(Collected data entries)
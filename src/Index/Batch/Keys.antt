-- ===== src/Index/Batch/Keys.antt =====
-- The loop of Store.Update keeps one entry for each path.
use lctk.Prelude.{
  ℕ, ◌≡◌, List, [], ◌∷◌, ◌++◌, Text, text, HasKeys, Missing, delete-HasKeys, insert-HasKeys, arith,
}
use lctk.Index.Batch.Loop.{apply_change-keeps, apply_changes-keeps}
use lctk.Index.{Files, Change, ok}
use lctk.Index.Batch.{
  Workspace, Batch, drop_file, drop_subtree, outside, write_digest, apply_change, apply_changes,
}

Missing-outside :
    (prefix k : Text) (files : Files) → Missing k files → Missing k (outside prefix files)
unfolding outside
Missing-outside prefix k [] h = tt
Missing-outside prefix k ((j, d) ∷ files) h = ground (arith, Missing-outside prefix k files h.1)

outside-HasKeys : (prefix : Text) (files : Files) → HasKeys files → HasKeys (outside prefix files)
unfolding outside
outside-HasKeys prefix [] h = tt
outside-HasKeys prefix ((j, d) ∷ files) h =
    ground (arith, Missing-outside prefix j files h.0, outside-HasKeys prefix files h.1)

drop_file-HasKeys : (name : Text) (b : Batch) → HasKeys b.files → HasKeys (drop_file name b).files
unfolding drop_file
drop_file-HasKeys name b h = ground (arith, delete-HasKeys name b.files h)

module _ (digest_of : Text → Text) (max_bytes : ℕ) (w : Workspace) where
  write_digest-HasKeys :
      (name digest : Text) (b : Batch)
      → HasKeys b.files
      → HasKeys (write_digest digest_of max_bytes w name digest b).files
  unfolding write_digest
  write_digest-HasKeys name digest b h =
      let dropped = drop_file name b in
      ground (arith, insert-HasKeys name digest dropped.files (drop_file-HasKeys name b h))

  apply_change-HasKeys :
      (name : Text) (c : Change) (b : Batch)
      → HasKeys b.files
      → HasKeys (apply_change digest_of max_bytes w name c b).files
  unfolding drop_subtree
  apply_change-HasKeys name c b h =
      apply_change-keeps digest_of max_bytes w (λ d. HasKeys d.files) name c b
        (λ d e. drop_file-HasKeys name d (rw e h))
        (λ d e _ _.
          outside-HasKeys (name ++ text "/") (drop_file name d).files
            (drop_file-HasKeys name d (rw e h)))
        (λ d digest size e _ _ _. write_digest-HasKeys name digest d (rw e h))

  pub apply_changes-HasKeys :
      (cs : List Change) (b b' : Batch)
      → HasKeys b.files
      → apply_changes digest_of max_bytes w cs b ≡ ok b'
      → HasKeys b'.files
  apply_changes-HasKeys =
      apply_changes-keeps digest_of max_bytes w (λ d. HasKeys d.files)
        (λ name c b _. apply_change-HasKeys name c b)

AIM OF THE TASK: Only a number is wanted: how many lines of the data above contain "dropped"?

RESPONSE BOX: 2